I noticed it, what at first appeared to be a matted, wadded up piece of spider web, as I started down the back steps. It was hanging from the dryer vent moving just slightly in the breeze. As I reached to pull it away I realized that it was a fragment of leaf attached to a thin twig attached to a larger twig stuffed inside the vent, not just dangling on the edge.
    I cocked my head for a better look and saw that the vent was completely filled with twigs. It was, in fact, a nest and as I gently scooped it out all I could see was the six loads of clothes I’d dried over the last few days and the conflagration that could have been Sandhill had the nest caught fire.
    The nest was about the size of a saucer and only about an inch deep at its center. The outer twigs fell away in my hands with a small poof of dust. Nestled in the hollow at the bottom were four tiny eggs. Tiny like a jelly bean. Tiny like a peanut. Tiny like a pearly button on a baby’s christening gown.
    Having touched the nest and contaminated it with my humanness, I knew — according to all the nature lore I’d learned as a child and which, admittedly, may or may not be true — that the mother bird, wherever she was, would now abandon the babies-in-process. What was probably closer to scientific actuality is that the eggs were old and the embryos inside were long dead.
    Months ago, in spring, I had sat on the deck and watched a little bird, a Carolina wren, dart in and out of the dryer vent. From a distance I’d not seen that she’d been carrying bits and pieces of nest to her new place of abode.
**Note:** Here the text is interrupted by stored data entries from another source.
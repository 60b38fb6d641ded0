-- ===== src/Proto.antt =====
-- proto/nexus/v1/common.proto and the messages of ledger.proto: what the daemon stores and returns.
-- `optional` and message fields are options, `repeated` fields are lists, enums are numbers.
pub mod Messages
use attow_nexus.Prelude.{ℕ, String, Bool, true, false, Option, List, ℤ, eqb, if◌then◌else◌}

pub record Timestamp : Type 0 where
  pub seconds : ℤ
  pub nanos : ℤ

abbrev pub Metadata : Type 0
Metadata = List (String × String)

-- `Error`
pub record ErrorInfo : Type 0 where
  pub code : String
  pub message : String
  pub retryable : Bool
  pub metadata : Option Metadata

-- `google.protobuf.Struct` and `Value`
mutual
  pub data ProstValue : Type 0 where
    absent null_value : ProstValue
    number_value : ℕ → ProstValue
    string_value : String → ProstValue
    bool_value : Bool → ProstValue
    struct_value : ProstFields → ProstValue
    list_value : ProstItems → ProstValue

  pub data ProstFields : Type 0 where
    no_field : ProstFields
    prost_field : String → ProstValue → ProstFields → ProstFields

  pub data ProstItems : Type 0 where
    no_item : ProstItems
    item : ProstValue → ProstItems → ProstItems

pub data PayloadEncoding : Type 0 where
  unspecified protobuf_struct json msgpack cbor text bytes : PayloadEncoding

-- `PayloadEncoding::try_from(n).unwrap_or(Unspecified)`, where `n` is the bit pattern of the `i32`
unfoldable pub encoding_of : ℕ → PayloadEncoding
encoding_of n =
    if eqb n 1
    then protobuf_struct
    else if eqb n 2
    then json
    else if eqb n 3
    then msgpack
    else if eqb n 4
    then cbor
    else if eqb n 5
    then text
    else if eqb n 6
    then bytes
    else unspecified

-- `content` is the field `data`.
pub record Payload : Type 0 where
  pub encoding : ℕ
  pub content : List ℕ
  pub struct_data : Option ProstFields
  pub size_bytes : ℕ
  pub content_hash : String
  pub compressed : Bool
  pub artifact_ref : String

pub record RedactionFinding : Type 0 where
  pub field_path : String
  pub redaction_type : String
  pub replacement_marker : String

pub record RedactionReport : Type 0 where
  pub findings : List RedactionFinding
  pub redacted : Bool

-- its one field, `value`
abbrev pub PermissionScope : Type 0
PermissionScope = String

pub record ToolCall : Type 0 where
  pub tool_call_id : String
  pub name : String
  pub input : Option Payload
  pub started_at : Option Timestamp
  pub metadata : Option Metadata

pub record ToolResult : Type 0 where
  pub tool_call_id : String
  pub output : Option Payload
  pub error : Option ErrorInfo
  pub finished_at : Option Timestamp
  pub metadata : Option Metadata

pub record ArtifactRef : Type 0 where
  pub artifact_id : String
  pub content_hash : String
  pub size_bytes : ℕ
  pub media_type : String
  pub compressed : Bool
  pub metadata : Option Metadata

pub record ExternalSideEffect : Type 0 where
  pub side_effect_id : String
  pub kind : String
  pub description : String
  pub target : String
  pub payload_summary : String
  pub occurred_at : Option Timestamp
  pub reversible : Bool
  pub compensating_action_available : Bool
  pub metadata : Option Metadata

pub record Commit : Type 0 where
  pub commit_id : String
  pub delta_id : String
  pub run_id : String
  pub thread_id : String
  pub agent_id : String
  pub channel : String
  pub parent_commit_ids : List String
  pub logical_clock : ℕ
  pub wall_time : Option Timestamp
  pub objective : String
  pub state_delta : Option Payload
  pub messages_delta : Option Payload
  pub tool_calls : List ToolCall
  pub tool_results : List ToolResult
  pub artifact_refs : List ArtifactRef
  pub external_side_effects : List ExternalSideEffect
  pub summary : String
  pub tags : List String
  pub metadata : Option Metadata
  pub schema_version : ℕ
  pub sdk_name : String
  pub sdk_version : String
  pub content_hash : String
  pub previous_hashes : List String
  pub redaction_report : Option RedactionReport

pub record LoopWarning : Type 0 where
  pub warning_id : String
  pub run_id : String
  pub agent_id : String
  pub channel : String
  pub severity : ℕ
  pub fingerprint : String
  pub repetition_count : ℕ
  pub first_seen : Option Timestamp
  pub last_seen : Option Timestamp
  pub suggested_stable_commit_id : String
  pub message : String

pub record RunSummary : Type 0 where
  pub run_id : String
  pub commit_count : ℕ
  pub last_commit_at : Option Timestamp

pub record DiffEntry : Type 0 where
  pub path : String
  pub change_type : String
  pub before_json : String
  pub after_json : String

pub record CommitDiff : Type 0 where
  pub from_commit_id : String
  pub to_commit_id : String
  pub entries : List DiffEntry
  pub human_summary : String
I’d thought she was just engaging in the avian version of a real estate showing when what she was really doing was moving in. The mortgage had been signed, the electricity turned on, the change-of-address cards mailed.
    Too bad she hadn’t talked to the neighbors. I could have told her that central heat, in this case, wasn’t such a good idea. That the need for incubation aside, too much of a good thing can be deadly. That there is more to safety than isolation and darkness.
    Nestled in my cupped hands, what had been a perfect home — if only for a moment — was now nothing more than a bunch of tender twigs gone brittle in the lingering heat of a lingering summer. The chocolate brown of new shoots had faded to the dull gray of lint. The sap that had made them flexible had dried up like a creek bed in drought.
    I stood there staring for a few minutes. Eggs. Usually symbols of new life and beginnings, these four round balls of calcium carbonate contradicted all the myths and fairy tales and traditions. Instead, they had become a metaphor for the result of ignorance, haste, inattention. They had gone from being cradles to coffins.
    And as is always the case when I stop to consider the world revolving around me and the fact that it doesn’t really revolve around me, I realized how like that little Carolina wren we all are. We make choices based on limited information and later find ourselves stunned by the unavoidable results of those choices. We elevate comfort over safety and safety over breadth of experience and breadth of experience over loyalty and never even realize that its not elevation we’re reaching at all — that this life is not a staircase moving us ever higher, but a Ferris wheel looping us up and down in a never-ending circle.
    Something of great importance demanded my attention at that moment, so I laid the nest on the floor of the carport and went inside. That was two days ago. Since then I’ve been leaving home early, getting home late, suffering with the red eyes and runny nose and hacking cough of allergies and, in general, not paying much attention to anything other than myself.
    I have no idea if the nest is still there, if the mother is aware of her dispossession, if the eggs have been desecrated by some night-moving animal. I should know. But I don’t.
    And that, I have to admit, is as much a metaphor as anything else.